**ASSIGNED TASK**
Each line from the beginning of the entries below through the line that includes "move_by_input-KeepsServer ref pk s" must be returned exactly as given.

[Stored items]
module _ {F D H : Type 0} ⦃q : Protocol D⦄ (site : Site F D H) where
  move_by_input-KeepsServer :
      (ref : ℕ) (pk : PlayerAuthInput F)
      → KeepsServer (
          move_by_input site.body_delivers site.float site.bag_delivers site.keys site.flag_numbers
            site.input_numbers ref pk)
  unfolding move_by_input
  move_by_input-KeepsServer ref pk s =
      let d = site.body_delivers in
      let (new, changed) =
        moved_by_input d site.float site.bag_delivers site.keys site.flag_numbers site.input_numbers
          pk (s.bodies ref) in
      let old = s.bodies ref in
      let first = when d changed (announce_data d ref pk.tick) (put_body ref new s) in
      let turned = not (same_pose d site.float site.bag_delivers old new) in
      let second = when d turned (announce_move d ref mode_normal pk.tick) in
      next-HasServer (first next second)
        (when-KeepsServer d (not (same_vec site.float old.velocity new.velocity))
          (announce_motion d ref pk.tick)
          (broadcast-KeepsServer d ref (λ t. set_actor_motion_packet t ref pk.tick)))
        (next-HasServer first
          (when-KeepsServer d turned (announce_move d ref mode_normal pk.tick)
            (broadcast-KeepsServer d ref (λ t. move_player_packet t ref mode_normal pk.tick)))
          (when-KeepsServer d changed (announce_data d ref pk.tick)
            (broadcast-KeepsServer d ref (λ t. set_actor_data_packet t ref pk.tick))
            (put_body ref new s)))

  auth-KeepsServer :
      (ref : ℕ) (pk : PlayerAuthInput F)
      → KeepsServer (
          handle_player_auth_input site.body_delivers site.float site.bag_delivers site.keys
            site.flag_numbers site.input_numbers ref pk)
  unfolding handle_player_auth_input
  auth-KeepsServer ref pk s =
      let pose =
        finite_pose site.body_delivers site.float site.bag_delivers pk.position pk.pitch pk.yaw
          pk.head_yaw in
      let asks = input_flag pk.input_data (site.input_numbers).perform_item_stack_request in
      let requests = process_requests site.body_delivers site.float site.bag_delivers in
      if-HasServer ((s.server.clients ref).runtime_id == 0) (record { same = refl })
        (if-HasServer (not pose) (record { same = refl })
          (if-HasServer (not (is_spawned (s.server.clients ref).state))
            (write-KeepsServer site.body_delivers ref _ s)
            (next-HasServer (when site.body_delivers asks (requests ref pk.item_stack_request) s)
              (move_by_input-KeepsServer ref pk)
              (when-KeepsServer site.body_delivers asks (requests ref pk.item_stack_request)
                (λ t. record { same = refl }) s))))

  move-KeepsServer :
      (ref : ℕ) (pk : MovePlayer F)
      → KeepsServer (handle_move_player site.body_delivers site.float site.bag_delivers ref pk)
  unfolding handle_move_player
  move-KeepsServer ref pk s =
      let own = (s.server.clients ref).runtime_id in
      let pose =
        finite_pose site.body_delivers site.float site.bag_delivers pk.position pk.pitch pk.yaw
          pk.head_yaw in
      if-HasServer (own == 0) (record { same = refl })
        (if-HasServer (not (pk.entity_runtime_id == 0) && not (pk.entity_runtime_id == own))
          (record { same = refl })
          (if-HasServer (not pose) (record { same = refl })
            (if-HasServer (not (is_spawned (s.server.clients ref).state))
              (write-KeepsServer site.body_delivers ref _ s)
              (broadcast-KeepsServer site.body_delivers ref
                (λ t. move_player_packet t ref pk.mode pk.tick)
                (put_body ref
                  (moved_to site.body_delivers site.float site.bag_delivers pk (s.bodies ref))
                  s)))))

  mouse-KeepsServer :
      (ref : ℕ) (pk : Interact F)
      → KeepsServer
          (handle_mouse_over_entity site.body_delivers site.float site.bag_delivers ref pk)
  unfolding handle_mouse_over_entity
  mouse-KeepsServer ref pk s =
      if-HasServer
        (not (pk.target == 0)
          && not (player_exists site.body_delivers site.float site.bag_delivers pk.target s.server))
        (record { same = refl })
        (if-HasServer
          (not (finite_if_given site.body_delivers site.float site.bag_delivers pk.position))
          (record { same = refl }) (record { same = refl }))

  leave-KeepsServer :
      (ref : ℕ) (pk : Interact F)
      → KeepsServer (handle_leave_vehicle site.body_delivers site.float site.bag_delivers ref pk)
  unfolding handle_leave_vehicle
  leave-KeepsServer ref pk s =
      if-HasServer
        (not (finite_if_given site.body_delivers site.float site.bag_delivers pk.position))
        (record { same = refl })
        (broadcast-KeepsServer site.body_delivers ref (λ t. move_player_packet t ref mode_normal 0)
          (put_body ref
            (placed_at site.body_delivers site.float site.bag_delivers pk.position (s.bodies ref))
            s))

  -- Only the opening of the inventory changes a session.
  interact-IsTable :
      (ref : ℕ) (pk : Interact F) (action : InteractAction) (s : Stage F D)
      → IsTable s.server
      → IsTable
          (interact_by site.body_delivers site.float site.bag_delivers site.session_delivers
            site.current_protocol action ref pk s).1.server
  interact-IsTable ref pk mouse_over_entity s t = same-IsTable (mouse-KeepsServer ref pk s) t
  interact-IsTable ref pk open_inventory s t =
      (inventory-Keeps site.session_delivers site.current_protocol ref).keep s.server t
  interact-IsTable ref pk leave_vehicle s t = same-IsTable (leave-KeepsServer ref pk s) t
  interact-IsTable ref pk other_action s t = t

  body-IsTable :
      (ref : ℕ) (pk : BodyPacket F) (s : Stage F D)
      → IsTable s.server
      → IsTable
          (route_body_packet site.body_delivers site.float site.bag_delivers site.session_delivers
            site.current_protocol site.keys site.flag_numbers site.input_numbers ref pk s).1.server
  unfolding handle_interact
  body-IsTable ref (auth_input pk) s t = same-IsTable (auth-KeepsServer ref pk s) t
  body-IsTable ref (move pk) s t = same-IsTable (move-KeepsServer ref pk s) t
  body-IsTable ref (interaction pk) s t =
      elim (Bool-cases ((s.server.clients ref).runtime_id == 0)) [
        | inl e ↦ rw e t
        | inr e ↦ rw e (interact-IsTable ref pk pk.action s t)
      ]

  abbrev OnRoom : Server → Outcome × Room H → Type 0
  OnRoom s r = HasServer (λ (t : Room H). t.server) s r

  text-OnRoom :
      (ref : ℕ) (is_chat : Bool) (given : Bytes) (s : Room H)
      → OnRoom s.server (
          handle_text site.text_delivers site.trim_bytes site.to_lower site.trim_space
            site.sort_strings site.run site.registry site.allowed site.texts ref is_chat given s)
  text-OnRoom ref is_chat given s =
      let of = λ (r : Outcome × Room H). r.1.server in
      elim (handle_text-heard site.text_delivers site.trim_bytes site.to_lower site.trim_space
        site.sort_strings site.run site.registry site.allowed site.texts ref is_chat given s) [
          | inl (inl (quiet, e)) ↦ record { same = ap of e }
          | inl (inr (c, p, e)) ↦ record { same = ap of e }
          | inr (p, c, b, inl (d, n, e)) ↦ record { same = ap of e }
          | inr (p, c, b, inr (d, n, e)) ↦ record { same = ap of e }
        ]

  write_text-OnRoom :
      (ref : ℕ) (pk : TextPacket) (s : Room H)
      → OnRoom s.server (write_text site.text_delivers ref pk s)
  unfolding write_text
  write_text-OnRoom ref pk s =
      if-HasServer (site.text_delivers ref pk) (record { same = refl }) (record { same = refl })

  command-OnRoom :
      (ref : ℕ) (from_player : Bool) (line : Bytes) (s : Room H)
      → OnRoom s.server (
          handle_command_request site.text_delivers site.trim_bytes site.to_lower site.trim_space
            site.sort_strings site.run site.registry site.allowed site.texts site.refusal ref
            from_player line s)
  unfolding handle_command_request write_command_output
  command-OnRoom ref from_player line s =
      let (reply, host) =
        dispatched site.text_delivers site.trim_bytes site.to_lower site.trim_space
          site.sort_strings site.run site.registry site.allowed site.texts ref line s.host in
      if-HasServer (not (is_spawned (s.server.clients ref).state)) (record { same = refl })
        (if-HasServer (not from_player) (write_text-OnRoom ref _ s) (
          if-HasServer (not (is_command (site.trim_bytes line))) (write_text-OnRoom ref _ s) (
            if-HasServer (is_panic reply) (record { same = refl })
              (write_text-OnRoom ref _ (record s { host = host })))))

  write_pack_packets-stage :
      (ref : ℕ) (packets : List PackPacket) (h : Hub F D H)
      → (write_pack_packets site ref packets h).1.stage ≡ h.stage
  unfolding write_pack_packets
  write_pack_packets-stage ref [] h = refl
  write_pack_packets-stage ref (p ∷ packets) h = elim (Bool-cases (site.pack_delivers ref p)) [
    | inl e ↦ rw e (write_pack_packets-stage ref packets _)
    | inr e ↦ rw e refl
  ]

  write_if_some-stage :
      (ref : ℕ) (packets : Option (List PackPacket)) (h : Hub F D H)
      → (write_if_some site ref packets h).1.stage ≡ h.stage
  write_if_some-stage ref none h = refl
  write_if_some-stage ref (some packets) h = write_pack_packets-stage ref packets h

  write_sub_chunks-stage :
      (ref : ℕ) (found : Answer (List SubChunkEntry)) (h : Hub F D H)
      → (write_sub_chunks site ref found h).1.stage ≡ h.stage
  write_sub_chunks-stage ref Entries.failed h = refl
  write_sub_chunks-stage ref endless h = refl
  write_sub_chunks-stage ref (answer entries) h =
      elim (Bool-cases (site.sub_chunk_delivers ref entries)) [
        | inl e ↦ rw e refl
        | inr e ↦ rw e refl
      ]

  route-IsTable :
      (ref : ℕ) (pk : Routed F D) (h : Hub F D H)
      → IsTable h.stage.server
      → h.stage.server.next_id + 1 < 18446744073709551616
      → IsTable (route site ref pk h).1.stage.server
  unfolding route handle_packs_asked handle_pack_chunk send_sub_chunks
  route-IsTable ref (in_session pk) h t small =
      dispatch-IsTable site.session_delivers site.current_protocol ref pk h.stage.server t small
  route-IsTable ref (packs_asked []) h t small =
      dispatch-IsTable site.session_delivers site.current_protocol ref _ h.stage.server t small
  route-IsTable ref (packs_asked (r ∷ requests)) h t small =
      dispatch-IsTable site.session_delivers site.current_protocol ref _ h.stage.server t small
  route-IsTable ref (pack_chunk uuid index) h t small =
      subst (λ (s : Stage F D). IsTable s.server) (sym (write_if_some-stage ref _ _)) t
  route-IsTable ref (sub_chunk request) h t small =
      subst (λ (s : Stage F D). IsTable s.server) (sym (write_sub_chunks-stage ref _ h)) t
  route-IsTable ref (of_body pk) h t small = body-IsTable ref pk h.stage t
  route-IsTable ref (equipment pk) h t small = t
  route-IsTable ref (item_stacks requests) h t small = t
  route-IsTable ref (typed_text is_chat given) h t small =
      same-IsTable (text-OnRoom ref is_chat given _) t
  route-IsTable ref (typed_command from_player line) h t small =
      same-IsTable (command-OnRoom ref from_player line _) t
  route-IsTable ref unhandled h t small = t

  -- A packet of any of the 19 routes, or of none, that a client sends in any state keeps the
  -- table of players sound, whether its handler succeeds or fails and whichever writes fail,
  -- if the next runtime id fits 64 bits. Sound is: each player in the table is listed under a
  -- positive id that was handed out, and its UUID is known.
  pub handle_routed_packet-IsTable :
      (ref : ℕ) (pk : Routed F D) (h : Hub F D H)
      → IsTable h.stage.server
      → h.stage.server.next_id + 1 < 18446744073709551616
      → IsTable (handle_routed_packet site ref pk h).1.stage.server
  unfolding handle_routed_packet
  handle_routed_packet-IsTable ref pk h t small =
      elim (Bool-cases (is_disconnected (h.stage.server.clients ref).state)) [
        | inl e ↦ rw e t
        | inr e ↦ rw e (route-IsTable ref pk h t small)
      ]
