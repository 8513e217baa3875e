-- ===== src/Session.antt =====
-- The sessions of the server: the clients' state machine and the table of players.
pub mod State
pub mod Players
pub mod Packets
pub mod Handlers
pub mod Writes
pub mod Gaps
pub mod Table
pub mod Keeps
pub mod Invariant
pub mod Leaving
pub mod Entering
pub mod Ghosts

**FINAL ANSWER**
module _ {F D H : Type 0} ⦃q : Protocol D⦄ (site : Site F D H) where
  move_by_input-KeepsServer :
      (ref : ℕ) (pk : PlayerAuthInput F)
      → KeepsServer (
          move_by_input site.body_delivers site.float site.bag_delivers site.keys site.flag_numbers
            site.input_numbers ref pk)
  unfolding move_by_input
  move_by_input-KeepsServer ref pk s =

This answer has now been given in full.